Sorry for the self-followup but looking further into this, there are
more subtle troubles with this patch that I think are worth discussing
(not just the PageHuge check to skip the __page_cache_release).

-	struct page *page_head = compound_trans_head(page);
+	struct page *page_head;
+
+	/*
+	 * If this is a hugetlbfs page it cannot be split under us.  Simply
+	 * increment refcount for the head page.
+	 */
+	if (PageHuge(page)) {
+		page_head = compound_head(page);
+		atomic_inc(&page_head->_count);
+		got = true;
+		goto out;
+	}

PageHuge:

int PageHuge(struct page *page) /* page for this example is a THP PageTail */
{
	compound_page_dtor *dtor;

	if (!PageCompound(page))
		return 0;

	page = compound_head(page);
	dtor = get_compound_page_dtor(page);
	

	return dtor == free_huge_page;
}


compound_head looks like this:

static inline struct page *compound_head(struct page *page)
{
	if (unlikely(PageTail(page)))
		========================== split_huge_page
		return page->first_page;
	return page;
}

Hi Andrea,

Sure, this can happen but wouldn't this case be caught by the last line in PageHuge() - "return dtor == free_huge_page;". This conditional should return false for THP PageTail, right?


This patch adds comments:

	/*
	 * hugetlbfs pages cannot be split from under us.  If this is a
	 * hugetlbfs page, check refcount on head page and release the page if
	 * the refcount becomes zero.
	 */

While this comment is correct for hugetlbfs, the harder problem is
when this is a THP tail page that can be splitted... and it looks like
that wasn't taken into consideration.

It looks stable on x86 but:

1) this is just a micro-optmization and as such it should be
    microoptimzied, and it isn't.

    It's repeating compound_head twice for hugetlbfs and it's
    running compound_head+compound_trans_head for THP when a single
    one is needed in both cases.

I see. PageHuge() changes the pointer it is passed to point to the head page. Calling compound_head on the head page is superfluous even though it doesn't do any harm and I can easily remove the call to compound_head() in the patch, but was it really intentional in PageHuge() to change the incoming pointer? That is a significant side effect of a routine that on the surface looks like a simple check that would return true or false.

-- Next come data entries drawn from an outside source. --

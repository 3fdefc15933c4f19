-- ===== src/Retrieval/Chunks.antt =====
-- What the chunks of a document hold (backend/app/rag/text_processor.py).
use qiki.Base.{
  ◌↔◌, Among, ℕ, ◌+◌, false, ◌&&◌, not, List, [], ◌∷◌, ◌++◌, append-nil, append_assoc, length, ltb,
  leb, ◌≡◌, refl, sym, ◌∙◌, subst, ◌⊎◌, inl, inr, All, All-append, arith, Bool-cases,
}
use qiki.Retrieval.{
  Text, total, is_empty, backwards, overlap_from, overlap_sentences, flush, round, chunk_sentences,
}

-- The chunk is a run of the sentences, in their order and with none left out between.
pub record IsRun (sentences chunk : List Text) : Type 0 where
  pub before : List Text
  pub after : List Text
  pub whole : sentences ≡ before ++ (chunk ++ after)

backwards-append : (xs ys zs : List Text) → backwards xs ys ++ zs ≡ backwards xs (ys ++ zs)
backwards-append [] ys zs = refl
backwards-append (x ∷ xs) ys zs = backwards-append xs (x ∷ ys) zs

backwards-backwards :
    (xs ys zs : List Text) → backwards (backwards xs ys) zs ≡ backwards ys (xs ++ zs)
backwards-backwards [] ys zs = refl
backwards-backwards (x ∷ xs) ys zs = backwards-backwards xs (x ∷ ys) zs

-- The found sentences are the end of those that were walked.
overlap_suffix :
    (overlap : ℕ) (behind found : List Text) (n : ℕ)
    → (q : List Text) × (backwards behind found ≡ q ++ overlap_from overlap behind found n)
unfolding overlap_from
overlap_suffix overlap [] found n = ([], refl)
overlap_suffix overlap (s ∷ behind) found n = elim (Bool-cases (leb overlap (n + (length s + 1)))) [
  | inl enough ↦
      (backwards behind [], ground (arith, enough, backwards-append behind [] (s ∷ found)))
  | inr more ↦
      let (q, e) = overlap_suffix overlap behind (s ∷ found) (n + (length s + 1)) in
      (q, ground (arith, e, more))
]

overlap_end :
    (overlap : ℕ) (current : List Text)
    → (q : List Text) × (current ≡ q ++ overlap_sentences overlap current)
unfolding overlap_sentences
overlap_end overlap current = elim (Bool-cases (ltb 0 overlap)) [
  | inl some ↦
      let (q, e) = overlap_suffix overlap (backwards current []) [] 0 in
      (q, ground (arith, some, e, backwards-backwards current [] [], append-nil current))
  | inr nothing ↦ (current, ground (arith, nothing, append-nil current))
]

among_append : (x : Text) (xs ys : List Text) → Among x (xs ++ ys) ↔ (Among x xs ⊎ Among x ys)
among_append x [] ys = (λ h. inr h, λ h. elim h [ inl a ↦ absurd a | inr b ↦ b ])
among_append x (z ∷ xs) ys =
    let (down, up) = among_append x xs ys in
    (
      λ h. elim h [
        | inl same ↦ inl (inl same)
        | inr more ↦ elim (down more) [ inl a ↦ inl (inr a) | inr b ↦ inr b ]
      ],
      λ h. elim h [
        | inl (inl same) ↦ inl same
        | inl (inr a) ↦ inr (up (inl a))
        | inr b ↦ inr (up (inr b))
      ],
    )

-- Some chunk holds the sentence.
pub data Covered (x : Text) : List (List Text) → Type 0 where
  here :
      {chunk : List Text} {chunks : List (List Text)} → Among x chunk → Covered x (chunk ∷ chunks)
  later :
      {chunk : List Text} {chunks : List (List Text)}
      → Covered x chunks
      → Covered x (chunk ∷ chunks)

in_first :
    {x : Text} {first : List (List Text)} (others : List (List Text))
    → Covered x first
    → Covered x (first ++ others)
in_first others (here h) = here h
in_first others (later h) = later (in_first others h)

in_others :
    {x : Text} (first : List (List Text)) {others : List (List Text)}
    → Covered x others
    → Covered x (first ++ others)
in_others [] h = h
in_others (c ∷ first) h = later (in_others first h)

-- The chunks are runs of all sentences, and what is left to do is in one of them.
record IsSplit (all_sentences left : List Text) (chunks : List (List Text)) : Type 0 where
  runs : All (IsRun all_sentences) chunks
  cover : (x : Text) → Among x left → Covered x chunks

flushed : (current : List Text) → is_empty current ≡ false → flush current ≡ current ∷ []
flushed [] h = absurd (ground arith)
flushed (s ∷ current) h = refl

module _ (whole : List Text) where
  flush-IsSplit :
      (p current rest : List Text)
      → whole ≡ p ++ (current ++ rest)
      → IsSplit whole current (flush current)
  flush-IsSplit p [] rest e = record { runs = tt; cover = λ x h. absurd h }
  flush-IsSplit p (s ∷ current) rest e = record {
    runs = (record { before = p; after = rest; whole = e }, tt);
    cover = λ x h. here h;
  }

  join-IsSplit :
      (left right : List Text) (first others : List (List Text))
      → IsSplit whole left first
      → IsSplit whole right others
      → IsSplit whole (left ++ right) (first ++ others)
  join-IsSplit left right first others h k = record {
    runs = All-append (IsRun whole) first others h.runs k.runs;
    cover = λ x among. elim ((among_append x left right).0 among) [
      | inl a ↦ in_first others (h.cover x a)
      | inr b ↦ in_others first (k.cover x b)
    ];
  }

  narrow :
      (left right : List Text) (chunks : List (List Text))
      → IsSplit whole (left ++ right) chunks
      → IsSplit whole right chunks
  narrow left right chunks h = record {
    runs = h.runs;
    cover = λ x among. h.cover x ((among_append x left right).1 (inr among));
  }

  module _ (chunk_size overlap : ℕ) where
    after_round :
        (s : Text) (sentences current left : List Text) (n : ℕ)
        (r : List (List Text) × List Text × ℕ)
        → round chunk_size overlap s current n ≡ r
        → IsSplit whole left (r.0 ++ chunk_sentences chunk_size overlap sentences r.1 r.2)
        → IsSplit whole left (chunk_sentences chunk_size overlap (s ∷ sentences) current n)
    unfolding chunk_sentences
    after_round s sentences current left n r e h =
        subst
          (λ (r : List (List Text) × List Text × ℕ).
            IsSplit whole left (r.0 ++ chunk_sentences chunk_size overlap sentences r.1 r.2))
          (sym e) h

    rounds-IsSplit :
        (sentences : List Text) (p current : List Text) (n : ℕ)
        → whole ≡ p ++ (current ++ sentences)
        → IsSplit whole
            (current ++ sentences)
            (chunk_sentences chunk_size overlap sentences current n)
    unfolding chunk_sentences round
    rounds-IsSplit [] p current n e =
        subst (λ left. IsSplit whole left (flush current)) (sym (append-nil current))
          (flush-IsSplit p current [] e)
    rounds-IsSplit (s ∷ sentences) p current n e =
        let one = s ∷ [] in
        let shift = append_assoc current one sentences in
        elim (Bool-cases (ltb chunk_size (length s))) [
          | inl long ↦
              after_round s sentences current (current ++ (s ∷ sentences)) n
                (flush current ++ (one ∷ []), [], 0) (ground (arith, long))
                (subst
                  (λ left. IsSplit whole left (
                    (flush current ++ (one ∷ []))
                    ++ chunk_sentences chunk_size overlap sentences [] 0))
                  shift
                  (join-IsSplit (current ++ one) sentences (flush current ++ (one ∷ []))
                    (chunk_sentences chunk_size overlap sentences [] 0)
                    (join-IsSplit current one (flush current) (one ∷ [])
                      (flush-IsSplit p current (s ∷ sentences) e)
                      (flush-IsSplit (p ++ current) one sentences
                        (e ∙ sym (append_assoc p current (s ∷ sentences)))))
                    (rounds-IsSplit sentences (p ++ (current ++ one)) [] 0
                      (ground (arith, e, shift, append_assoc p (current ++ one) sentences)))))
          | inr short ↦
              elim (Bool-cases (not (is_empty current) && ltb chunk_size (n + length s + 1))) [
                | inl full ↦
                    let o = overlap_sentences overlap current in
                    let (q, ce) = overlap_end overlap current in
                    let next =
                      chunk_sentences chunk_size overlap sentences (o ++ one) (total (o ++ one)) in
                    let rest = rounds-IsSplit sentences (p ++ q) (o ++ one) (total (o ++ one)) (
                      ground (
                        arith,
                        e,
                        ce,
                        append_assoc p q (o ++ (s ∷ sentences)),
                        append_assoc o one sentences,
                        append_assoc q o (s ∷ sentences),
                      )) in
                    after_round s sentences current (current ++ (s ∷ sentences)) n
                      (current ∷ [], o ++ one, total (o ++ one)) (ground (arith, short, full))
                      (join-IsSplit current (s ∷ sentences) (current ∷ []) next
                        (subst (IsSplit whole current) {x = flush current}
                          (flushed current (ground arith))
                          (flush-IsSplit p current (s ∷ sentences) e))
                        (narrow o (s ∷ sentences) next (
                          subst (λ left. IsSplit whole left next) (append_assoc o one sentences)
                            rest)))
                | inr room ↦
                    after_round s sentences current (current ++ (s ∷ sentences)) n
                      ([], current ++ one, n + (length s + 1)) (ground (arith, short, room))
                      (subst
                        (λ left. IsSplit whole left (
                          chunk_sentences chunk_size overlap sentences (current ++ one)
                            (n + (length s + 1))))
                        shift
                        (rounds-IsSplit sentences p (current ++ one) (n + (length s + 1))
                          (ground (arith, e, shift))))
              ]
        ]

-- The chunks of a document are runs of its sentences, in their order and with none left out
-- inside, and every sentence is in some chunk, whatever the size and the overlap. The sentences are
-- those before the chunk is joined to one text.
pub chunk_sentences-IsRun :
    (chunk_size overlap : ℕ) (sentences : List Text)
    → let chunks = chunk_sentences chunk_size overlap sentences [] 0 in
      All (IsRun sentences) chunks × ((x : Text) → Among x sentences → Covered x chunks)
chunk_sentences-IsRun chunk_size overlap sentences =
    let split = rounds-IsSplit sentences chunk_size overlap sentences [] [] 0 refl in
    (split.runs, split.cover)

Calling PageTail(page) after having called PageHuge(page) is pointless since "page" was already changed to point to the head page. So is the error in PageHuge(page) changing the pointer, or is the error in usage of PageHuge()?

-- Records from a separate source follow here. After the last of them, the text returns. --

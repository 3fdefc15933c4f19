-- ===== src/Retrieval/Tests.antt =====
-- A document of three sentences, and the theorem at this input.
use qiki.Base.{Among, ◌≡◌, refl, List, [], ◌∷◌, All}
use qiki.Retrieval.{
  Text, overlap_from, overlap_sentences, round, chunk_sentences, joined, chunk_text,
}
use qiki.Retrieval.Chunks.{IsRun, Covered, chunk_sentences-IsRun}

unfoldable pub chunk_code : Unit {0}
unfolding overlap_from overlap_sentences round chunk_sentences joined chunk_text
chunk_code = tt

abbrev document : List Text
document = (1 ∷ 1 ∷ []) ∷ (2 ∷ 2 ∷ []) ∷ (3 ∷ 3 ∷ 3 ∷ []) ∷ []

-- The second sentence stands in both chunks.
two_chunks :
    chunk_sentences 6 2 document [] 0
    ≡ ((1 ∷ 1 ∷ []) ∷ (2 ∷ 2 ∷ []) ∷ []) ∷ ((2 ∷ 2 ∷ []) ∷ (3 ∷ 3 ∷ 3 ∷ []) ∷ []) ∷ []
unfolding chunk_code
two_chunks = refl

chunk_sentences-IsRun_example :
    All (IsRun document) (chunk_sentences 6 2 document [] 0)
    × ((x : Text) → Among x document → Covered x (chunk_sentences 6 2 document [] 0))
chunk_sentences-IsRun_example = chunk_sentences-IsRun 6 2 document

2) it doesn't remove compound_trans_head from the rest of the kernel.

    With this patch you just made compound_trans_head meaningless.  And
    you added an implicit dependency on split_huge_page that cannot
    ever touch page->first_page, see the "========= split_huge_page" above.

I think PageHuge() already takes this into account by checking the dtor pointer. So I think this is not a problem. I do no intend to make compound_trans_head meaningless but I see the problem with calling it after having called PageHuge(), as I pointed out in my comments above.

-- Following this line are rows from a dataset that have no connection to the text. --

-- ===== src/Reviews.antt =====
-- The review of the assistant's messages (backend/app/services/review_service.py, with
-- backend/app/repositories/message_repository.py, backend/app/models/message.py and
-- `submit_feedback` of conversation_service.py). Confidences are in hundredths.
pub mod Queue
mod Tests
use qiki.Base.{
  ℕ, Bool, true, false, ◌&&◌, ◌||◌, not, Option, none, some, List, [], ◌∷◌, String, Dict, lookup,
  insert, ltb, leb, is_some, select, take, Result, ok, err, Error, Action, raise_if, ◌>>=◌, ◌>>◌,
  pure, raise, gets, modify, or_raise, if◌then◌else◌,
}
use qiki.Models.User.{User, is_staff}
use qiki.Chat.History.{MessageRole}
use qiki.Chat.Slots.{truthy, or_else, text_of}
use qiki.Chat.Turn.{drop}
use qiki.Catalogue.Sorting.{sort_by}

pub data Score : Type 0 where
  negative neutral positive : Score

pub data ReviewAction : Type 0 where
  approved rejected added_to_kb : ReviewAction

pub record Message : Type 0 where
  pub conversation_id : ℕ
  pub role : MessageRole
  pub content : String
  pub intent_confidence : Option ℕ
  pub feedback_score : Option Score
  pub flagged_for_review : Bool
  pub reviewed_by : Option ℕ
  pub reviewed_at : Option ℕ
  pub review_action : Option ReviewAction
  pub corrected_content : Option String
  pub created_at : ℕ

pub record KnowledgeDocument : Type 0 where
  pub id : ℕ
  pub title : String
  pub content : String
  pub category : String
  pub source_message_id : ℕ

pub record Reviews : Type 0 where
  pub messages : Dict Message
  pub documents : List KnowledgeDocument

abbrev is_negative : Option Score → Bool
is_negative (some Score.negative) = true
is_negative _ = false

abbrev is_low : Option ℕ → Bool
is_low none = false
is_low (some confidence) = ltb confidence 60

unfoldable pub should_be_flagged : Message → Bool
should_be_flagged m = is_negative m.feedback_score || is_low m.intent_confidence

abbrev pub put : ℕ → Message → Reviews → Reviews
put id m d = record d { messages = insert id m d.messages }

-- The identifier is new.
unfoldable pub create : ℕ → Message → Action Reviews Message
create id m d =
    let m' = if should_be_flagged m then record m { flagged_for_review = true } else m in
    (ok m', put id m' d)

-- `_require`, a change of the row, and its new state.
unfoldable pub change : ℕ → (Message → Message) → Action Reviews Message
change id f d = elim (lookup id d.messages) [
  | none ↦ (err Error.message_not_found, d)
  | some m ↦ (ok (f m), put id (f m) d)
]

abbrev pub with_feedback : Score → Message → Message
with_feedback Score.negative m = record m {
  feedback_score = some Score.negative;
  flagged_for_review = true;
}
with_feedback score m = record m { feedback_score = some score }

abbrev pub flagged : Message → Message
flagged m = record m { flagged_for_review = true }

-- A negative score flags the message once more.
unfoldable pub submit_feedback : ℕ → Score → Action Reviews Message
submit_feedback id Score.negative = do change id (with_feedback Score.negative); change id flagged
submit_feedback id score = change id (with_feedback score)

abbrev pub ensure_staff : User → Action Reviews (Unit {0})
ensure_staff user = raise_if (not (is_staff user)) Error.forbidden

abbrev pub require : ℕ → Action Reviews Message
require id d = elim (lookup id d.messages) [ none ↦ (err Error.not_found, d) | some m ↦ (ok m, d) ]

abbrev pub reviewed : ReviewAction → ℕ → User → Message → Message
reviewed action now user m = record m {
  review_action = some action;
  reviewed_by = some user.id;
  reviewed_at = some now;
  flagged_for_review = false;
}

unfoldable pub approve_message : ℕ → ℕ → Option String → User → Action Reviews Bool
approve_message now id corrected_content user = do
  ensure_staff user
  require id
  change id (λ m. record (reviewed ReviewAction.approved now user m) {
    corrected_content = corrected_content;
  })
  pure true

unfoldable pub reject_message : ℕ → ℕ → User → Action Reviews Bool
reject_message now id user = do
  ensure_staff user
  require id
  change id (reviewed ReviewAction.rejected now user)
  pure true

abbrev pub document_of : ℕ → String → String → ℕ → Message → KnowledgeDocument
document_of kb_id category title id m = record {
  id = kb_id;
  title = title;
  content = if truthy m.corrected_content then text_of m.corrected_content else m.content;
  category = category;
  source_message_id = id;
}

abbrev pub add_document : KnowledgeDocument → Action Reviews (Unit {0})
add_document doc = modify (λ d. record d { documents = doc ∷ d.documents })

unfoldable pub add_to_knowledge_base : ℕ → ℕ → ℕ → String → String → User → Action Reviews ℕ
add_to_knowledge_base now kb_id id category title user = do
  ensure_staff user
  m ← require id
  add_document (document_of kb_id category title id m)
  change id (reviewed ReviewAction.added_to_kb now user)
  pure kb_id

abbrev values_of : Dict Message → List Message
values_of [] = []
values_of ((id, m) ∷ messages) = m ∷ values_of messages

-- Awaiting review, oldest first.
unfoldable pub get_flagged_for_review : ℕ → ℕ → Reviews → List Message
get_flagged_for_review skip limit d = take limit (
    drop skip (
      sort_by (λ a b. leb a.created_at b.created_at)
        (select (λ m. m.flagged_for_review) (values_of d.messages))))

3) if you go ahead with 2), we'll never be able to propagate
    page->private from head to tail in split_huge_page, a thing
    potentially required by tmpfs (Kirill?), or the kernel would crash
    in put_page with this patch applied (dereferencing a dangling
    pointer because tail_page->first_page is overwritten by
    page_head->private).

4) it doesn't verify that the THP page size is never bigger than the
    smallest hugetlbfs page size.

    Such a condition would lead to silent memory corruption because it
    assumes it deals with a valid hugetlbfs head without pinning it and
    without rechecking pagetail, before taking the hugetlbfs-only path.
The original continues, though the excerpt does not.